§ WHAT YOU ARE ASKED TO DO
How many lines below hold the string "Type"? Report that number alone.
DATA TO EXAMINE: Begin
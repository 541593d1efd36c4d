-- ===== src/Walk/Edges.antt =====
-- The walk's record of the file edges follows its pending effects through every event and write.
use mathlib.Core.Option.{some-injective}
use git_lex.Base.{
  Result, ◌≡◌, refl, ap, sym, ◌∙◌, inl, inr, Bool, true, false, Option, none, some, ◌>>=◌, List, [],
  ◌∷◌, ok, suc, leb, length, ◌+◌, Bool-cases, All, if◌then◌else◌,
}
use git_lex.Text.{Text, same, same-eq, same_refl}
use git_lex.Sets.{lookup, put, lookup-put}
use git_lex.Fallible.{and_then, and_then-ok, ok-eq}
use git_lex.Walk.{GraphStore}
use git_lex.Walk.Terms.{
  Op, onegraph_event, event_quads, noted, note_file_id, file_id_of, file_id_line,
}
use git_lex.Walk.Engine.{
  WalkState, write_walk_batch, write_batch, written, emit, write_full, record_event, record_events,
}
use git_lex.Walk.Events.{IsStatement}
use git_lex.Walk.Guard.{known}
use git_lex.Walk.Documents.{FollowsEdge}

-- A line that reads as a file edge is the edge's own line.
abbrev pub IsPlain : Text → Type 0
IsPlain q = (term file : Text) → file_id_of q ≡ some (term, file) → q ≡ file_id_line term file

abbrev pub IsEdge : Text → Text → Type 0
IsEdge term file = file_id_of (file_id_line term file) ≡ some (term, file)

abbrev pub Follows : {S : Type 0} → WalkState S → Type 0
Follows st = (term file : Text) → IsEdge term file → FollowsEdge term file st

abbrev Ids : Type 0
Ids = List (Text × List (Text × Op))

none-some : (p : Text × Text) → ◌≡◌ {A = Option (Text × Text)} none (some p) → true ≡ false
none-some p e = cc

edge-apart :
    (term file t f line : Text)
    → IsEdge term file
    → file_id_of line ≡ some (t, f)
    → same (file_id_line term file) line ≡ true
    → (term ≡ t) × (file ≡ f)
edge-apart term file t f line e l s =
    let both : some (term, file) ≡ some (t, f) =
      sym e ∙ ap file_id_of (same-eq (file_id_line term file) line s) ∙ l in
    let pair = some-injective (term, file) (t, f) both in
    (ap (λ (p : Text × Text). p.0) pair, ap (λ (p : Text × Text). p.1) pair)

edge-differs :
    (term file t f line : Text)
    → IsEdge term file
    → file_id_of line ≡ some (t, f)
    → (term ≡ t → file ≡ f → true ≡ false)
    → same (file_id_line term file) line ≡ false
edge-differs term file t f line e l n = elim (Bool-cases (same (file_id_line term file) line)) [
  | inl s ↦ let (a, b) = edge-apart term file t f line e l s in let g = n a b in cc
  | inr s ↦ s
]

noted-follows :
    (ids : Ids) (base : List (Text × Op)) (line : Text) (op : Op) (term file : Text)
    → IsPlain line
    → IsEdge term file
    → lookup file (known (lookup term ids)) ≡ lookup (file_id_line term file) base
    → (o : Option (Text × Text)) → file_id_of line ≡ o
    → lookup file (known (lookup term (noted ids op o))) ≡ (
        if same (file_id_line term file) line
        then some op
        else lookup (file_id_line term file) base)
noted-follows ids base line op term file plain edge old none l =
    elim (Bool-cases (same (file_id_line term file) line)) [
      | inl s ↦
          let g =
            none-some (term, file)
              (sym l ∙ sym (ap file_id_of (same-eq (file_id_line term file) line s)) ∙ edge) in
          cc
      | inr s ↦ rw s old
    ]
noted-follows ids base line op term file plain edge old (some (t, f)) l =
    let inner = put f op (known (lookup t ids)) in
    let right = lookup (file_id_line term file) base in
    elim (Bool-cases (same term t)) [
      | inl a ↦
          let here : lookup term (put t inner ids) ≡ some inner =
            lookup-put term t inner ids ∙ ap (λ b. if b then some inner else lookup term ids) a in
          let read : lookup file (known (lookup term (put t inner ids)))
              ≡ (if same file f then some op else lookup file (known (lookup t ids))) =
            ap (λ o. lookup file (known o)) here ∙ lookup-put file f op (known (lookup t ids)) in
          elim (Bool-cases (same file f)) [
            | inl b ↦
                let whole : same (file_id_line term file) line ≡ true =
                  ap (λ x. same (file_id_line x file) line) (same-eq term t a)
                  ∙ ap (λ x. same (file_id_line t x) line) (same-eq file f b)
                  ∙ ap (same (file_id_line t f)) (plain t f l)
                  ∙ same_refl (file_id_line t f) in
                read
                ∙ ap (λ x. if x then some op else lookup file (known (lookup t ids))) b
                ∙ ap (λ x. if x then some op else right) (sym whole)
            | inr b ↦
                read
                ∙ ap (λ x. if x then some op else lookup file (known (lookup t ids))) b
                ∙ ap (λ x. lookup file (known (lookup x ids))) (sym (same-eq term t a))
                ∙ old
                ∙ ap (λ x. if x then some op else right)
                    (sym (
                      edge-differs term file t f line edge l
                        (λ _ e. sym (ap (same file) (sym e) ∙ same_refl file) ∙ b)))
          ]
      | inr a ↦
          ap (λ o. lookup file (known o))
            (lookup-put term t inner ids ∙ ap (λ b. if b then some inner else lookup term ids) a)
          ∙ old
          ∙ ap (λ x. if x then some op else right)
              (sym (
                edge-differs term file t f line edge l
                  (λ e _. sym (ap (same term) (sym e) ∙ same_refl term) ∙ a)))
    ]

module _ {S E : Type 0} (graph : GraphStore S E) where
  write_batch-Follows : (st after : WalkState S) → write_batch graph st ≡ ok after → Follows after
  unfolding write_batch
  write_batch-Follows st after h =
      let (s, _, e) =
        and_then-ok (write_walk_batch graph st.store st.nq_buffer st.base_final)
          (λ s. ok (written graph st s)) after h in
      rw (sym (ok-eq (written graph st s) after e)) (λ term file edge. refl)

  module _ (digest : Text → Text) where
    write_full-Follows :
        (st after : WalkState S)
        → Follows st
        → write_full graph digest st ≡ ok after
        → Follows after
    write_full-Follows st after follows h =
        let choose : Bool → Result E (WalkState S) = λ b.
          if b
          then and_then (write_batch graph st) (λ st. ok (record st { pending_quads = 0 }))
          else ok st in
        elim (Bool-cases (leb st.batch_quads (st.pending_quads + length st.base_final))) [
          | inl e ↦
              let (mid, wrote, reset) =
                and_then-ok (write_batch graph st) (λ st. ok (record st { pending_quads = 0 }))
                  after (ap choose (sym e) ∙ h) in
              rw (sym (ok-eq (record mid { pending_quads = 0 }) after reset))
                (write_batch-Follows st mid wrote)
          | inr e ↦ rw (sym (ok-eq st after (ap choose (sym e) ∙ h))) follows
        ]

    emit-Follows :
        (line : Text) (op : Op) (quads : List Text) (st : WalkState S)
        → IsPlain line
        → Follows st
        → Follows (emit graph digest line op (some quads) st)
    unfolding note_file_id
    emit-Follows line op quads st plain follows term file edge =
        noted-follows st.walk_file_ids st.base_final line op term file plain edge
          (follows term file edge) (file_id_of line) refl
        ∙ sym (lookup-put (file_id_line term file) line op st.base_final)

    record_event-Follows :
        (line : Text) (op : Op) (sha : Text) (st after : WalkState S)
        → IsStatement line
        → IsPlain line
        → Follows st
        → record_event graph digest line op sha st ≡ ok after
        → Follows after
    unfolding record_event onegraph_event
    record_event-Follows line op sha st after (spo, s) plain follows h =
        let start = record st { events_seen = suc st.events_seen } in
        let quads = event_quads digest op sha st.one_graph spo in
        let made = ap (λ o. o >>= λ spo. some (event_quads digest op sha st.one_graph spo)) s in
        write_full-Follows (emit graph digest line op (some quads) start) after
          (emit-Follows line op quads start plain follows)
          (ap (λ o. write_full graph digest (emit graph digest line op o start)) (sym made) ∙ h)

    pub record_events-Follows :
        (lines : List Text) (op : Op) (sha : Text) (st after : WalkState S)
        → All IsStatement lines
        → All IsPlain lines
        → Follows st
        → record_events graph digest lines op sha st ≡ ok after
        → Follows after
    unfolding record_events
    record_events-Follows [] op sha st after s p follows h = rw (sym (ok-eq st after h)) follows
    record_events-Follows (line ∷ lines) op sha st after (s, ss) (p, ps) follows h =
        let (mid, first, rest) =
          and_then-ok (record_event graph digest line op sha st)
            (λ st. record_events graph digest lines op sha st) after h in
        record_events-Follows lines op sha mid after ss ps
          (record_event-Follows line op sha st mid s p follows first) rest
DATA TO EXAMINE: End
§ REPLY TO THE TASK
5